Activity: Every entry, from the first to the last, should be written out exactly.

Entries supplied:
-- ===== src/Link/Channel.antt =====
-- model/p4-p2p-channel.cc, class P4P2PChannel: two wires, one from each device to the other. A device
-- is a number, a time is a number of the simulator's units, and `none` stands for a failed assertion.
use p4simulator.Base.{
  ℕ, ◌+◌, ◌≡◌, ◌≢◌, refl, sym, Bool, true, false, Option, none, some, ◌==◌, ==-refl, ==-false,
  if◌then◌else◌,
}

pub data WireState : Type 0 where
  initializing idle transmitting propagating : WireState

-- The class `Link`.
pub record Wire : Type 0 where
  pub state : WireState
  pub src : Option ℕ
  pub dst : Option ℕ

pub record P4P2PChannel : Type 0 where
  pub delay : ℕ
  pub n_devices : ℕ
  pub link_0 : Wire
  pub link_1 : Wire

unfoldable pub init : ℕ → P4P2PChannel
init delay = record {
  delay = delay;
  n_devices = 0;
  link_0 = record { state = initializing; src = none; dst = none };
  link_1 = record { state = initializing; src = none; dst = none };
}

-- The device is not null.
unfoldable pub attach : P4P2PChannel → ℕ → Option P4P2PChannel
attach c device =
    if c.n_devices == 0
    then some (record c { n_devices = 1; link_0 = record c.link_0 { src = some device } })
    else if c.n_devices == 1
    then some (record c {
      n_devices = 2;
      link_0 = record { state = idle; src = c.link_0.src; dst = some device };
      link_1 = record { state = idle; src = some device; dst = c.link_0.src };
    })
    else none

unfoldable pub is_initializing : WireState → Bool
is_initializing initializing = true
is_initializing idle = false
is_initializing transmitting = false
is_initializing propagating = false

unfoldable pub is_source : Option ℕ → ℕ → Bool
is_source none device = false
is_source (some src) device = src == device

-- A packet that the simulator is to give to a device, and the time until then.
pub record Reception {ℓ} (Packet : Type ℓ) : Type ℓ where
  pub after : ℕ
  pub receiver : ℕ
  pub packet : Packet

-- The wire's far end is known once the wire is not initializing.
unfoldable pub schedule_receive {ℓ} :
    {Packet : Type ℓ} → Option ℕ → ℕ → Packet → Option (Reception Packet)
schedule_receive none after p = none
schedule_receive (some dst) after p = some (record { after = after; receiver = dst; packet = p })

unfoldable pub transmit_start {ℓ} :
    {Packet : Type ℓ} → P4P2PChannel → Packet → ℕ → ℕ → Option (Reception Packet)
transmit_start c p src tx_time =
    if is_initializing c.link_0.state
    then none
    else if is_initializing c.link_1.state
    then none
    else if is_source c.link_0.src src
    then schedule_receive c.link_0.dst (tx_time + c.delay) p
    else schedule_receive c.link_1.dst (tx_time + c.delay) p

-- The device at an end.
unfoldable pub get_device : P4P2PChannel → ℕ → Option ℕ
get_device c i = if i == 0 then c.link_0.src else if i == 1 then c.link_1.src else none

unfoldable pub other_than : Option ℕ → ℕ → Option ℕ → Option ℕ
other_than none self last = last
other_than (some device) self last = if device == self then last else some device

-- The loop of `GetRemote` over the two devices, which yields the device whose address is returned.
unfoldable pub get_remote : P4P2PChannel → ℕ → Option ℕ
get_remote c self =
    if c.n_devices == 2
    then other_than (get_device c 0) self (other_than (get_device c 1) self none)
    else none

-- The channel of two devices.
abbrev pub joined : ℕ → ℕ → ℕ → P4P2PChannel
joined delay a b = record {
  delay = delay;
  n_devices = 2;
  link_0 = record { state = idle; src = some a; dst = some b };
  link_1 = record { state = idle; src = some b; dst = some a };
}

-- The channel of one device.
abbrev pub half : ℕ → ℕ → P4P2PChannel
half delay a = record {
  delay = delay;
  n_devices = 1;
  link_0 = record { state = initializing; src = some a; dst = none };
  link_1 = record { state = initializing; src = none; dst = none };
}

-- Attach two different devices to a new channel: it gives what either starts to transmit to the other
-- one, unchanged, after the transmission time and the delay, and each is the other's remote device; a
-- third device is refused, and so is a transmission while the second device is missing.
pub transmit-joined {ℓ} :
    {Packet : Type ℓ} (delay a b device tx_time : ℕ) (p : Packet)
    → a ≢ b
    → (attach (init delay) a ≡ some (half delay a))
      × (attach (half delay a) b ≡ some (joined delay a b))
      × (attach (joined delay a b) device ≡ none)
      × (transmit_start (half delay a) p a tx_time ≡ none)
      × (transmit_start (joined delay a b) p a tx_time
          ≡ some (record { after = tx_time + delay; receiver = b; packet = p }))
      × (transmit_start (joined delay a b) p b tx_time
          ≡ some (record { after = tx_time + delay; receiver = a; packet = p }))
      × (get_remote (joined delay a b) a ≡ some b)
      × (get_remote (joined delay a b) b ≡ some a)
unfolding attach init transmit_start is_initializing is_source schedule_receive get_remote
    other_than get_device
transmit-joined delay a b device tx_time p ne =
    rw (==-refl a, ==-refl b, ==-false a b ne, ==-false b a (λ e. ne (sym e)))
      (refl, refl, refl, refl, refl, refl, refl, refl)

Completed task:
-- ===== src/Link/Channel.antt =====
-- model/p4-p2p-channel.cc, class P4P2PChannel: two wires, one from each device to the other. A device
-- is a number, a time is a number of the simulator's units, and `none` stands for a failed assertion.
use p4simulator.Base.{
  ℕ, ◌+◌, ◌≡◌, ◌≢◌, refl, sym, Bool, true, false, Option, none, some, ◌==◌, ==-refl, ==-false,
  if◌then◌else◌,
}

pub data WireState : Type 0 where
  initializing idle transmitting propagating : WireState

-- The class `Link`.
pub record Wire : Type 0 where
  pub state : WireState
  pub src : Option ℕ
  pub dst : Option ℕ

pub record P4P2PChannel : Type 0 where
  pub delay : ℕ
  pub n_devices : ℕ
  pub link_0 : Wire
  pub link_1 : Wire

unfoldable pub init : ℕ → P4P2PChannel
init delay = record {
  delay = delay;
  n_devices = 0;
  link_0 = record { state = initializing; src = none; dst = none };
  link_1 = record { state = initializing; src = none; dst = none };
}

-- The device is not null.
unfoldable pub attach : P4P2PChannel → ℕ → Option P4P2PChannel
attach c device =
    if c.n_devices == 0
    then some (record c { n_devices = 1; link_0 = record c.link_0 { src = some device } })
    else if c.n_devices == 1
    then some (record c {
      n_devices = 2;
      link_0 = record { state = idle; src = c.link_0.src; dst = some device };
      link_1 = record { state = idle; src = some device; dst = c.link_0.src };
    })
    else none

unfoldable pub is_initializing : WireState → Bool
is_initializing initializing = true
is_initializing idle = false
is_initializing transmitting = false
is_initializing propagating = false

unfoldable pub is_source : Option ℕ → ℕ → Bool
is_source none device = false
is_source (some src) device = src == device

-- A packet that the simulator is to give to a device, and the time until then.
pub record Reception {ℓ} (Packet : Type ℓ) : Type ℓ where
  pub after : ℕ
  pub receiver : ℕ
  pub packet : Packet

-- The wire's far end is known once the wire is not initializing.
unfoldable pub schedule_receive {ℓ} :
    {Packet : Type ℓ} → Option ℕ → ℕ → Packet → Option (Reception Packet)
schedule_receive none after p = none
schedule_receive (some dst) after p = some (record { after = after; receiver = dst; packet = p })

unfoldable pub transmit_start {ℓ} :
    {Packet : Type ℓ} → P4P2PChannel → Packet → ℕ → ℕ → Option (Reception Packet)
transmit_start c p src tx_time =
    if is_initializing c.link_0.state
    then none
    else if is_initializing c.link_1.state
    then none
    else if is_source c.link_0.src src
    then schedule_receive c.link_0.dst (tx_time + c.delay) p
    else schedule_receive c.link_1.dst (tx_time + c.delay) p

-- The device at an end.
unfoldable pub get_device : P4P2PChannel → ℕ → Option ℕ
get_device c i = if i == 0 then c.link_0.src else if i == 1 then c.link_1.src else none

unfoldable pub other_than : Option ℕ → ℕ → Option ℕ → Option ℕ
other_than none self last = last
other_than (some device) self last = if device == self then last else some device

-- The loop of `GetRemote` over the two devices, which yields the device whose address is returned.
unfoldable pub get_remote : P4P2PChannel → ℕ → Option ℕ
get_remote c self =
    if c.n_devices == 2
    then other_than (get_device c 0) self (other_than (get_device c 1) self none)
    else none

-- The channel of two devices.
abbrev pub joined : ℕ → ℕ → ℕ → P4P2PChannel
joined delay a b = record {
  delay = delay;
  n_devices = 2;
  link_0 = record { state = idle; src = some a; dst = some b };
  link_1 = record { state = idle; src = some b; dst = some a };
}

-- The channel of one device.
abbrev pub half : ℕ → ℕ → P4P2PChannel
half delay a = record {
  delay = delay;
  n_devices = 1;
  link_0 = record { state = initializing; src = some a; dst = none };
  link_1 = record { state = initializing; src = none; dst = none };
}

-- Attach two different devices to a new channel: it gives what either starts to transmit to the other
-- one, unchanged, after the transmission time and the delay, and each is the other's remote device; a
-- third device is refused, and so is a transmission while the second device is missing.
pub transmit-joined {ℓ} :
    {Packet : Type ℓ} (delay a b device tx_time : ℕ) (p : Packet)
    → a ≢ b
    → (attach (init delay) a ≡ some (half delay a))
      × (attach (half delay a) b ≡ some (joined delay a b))
      × (attach (joined delay a b) device ≡ none)
      × (transmit_start (half delay a) p a tx_time ≡ none)
      × (transmit_start (joined delay a b) p a tx_time
          ≡ some (record { after = tx_time + delay; receiver = b; packet = p }))
      × (transmit_start (joined delay a b) p b tx_time
          ≡ some (record { after = tx_time + delay; receiver = a; packet = p }))
      × (get_remote (joined delay a b) a ≡ some b)
      × (get_remote (joined delay a b) b ≡ some a)
unfolding attach init transmit_start is_initializing is_source schedule_receive get_remote
    other_than get_device
transmit-joined delay a b device tx_time p ne =
    rw (==-refl a, ==-refl b, ==-false a b ne, ==-false b a (λ e. ne (sym e)))
      (refl, refl, refl, refl, refl, refl, refl, refl)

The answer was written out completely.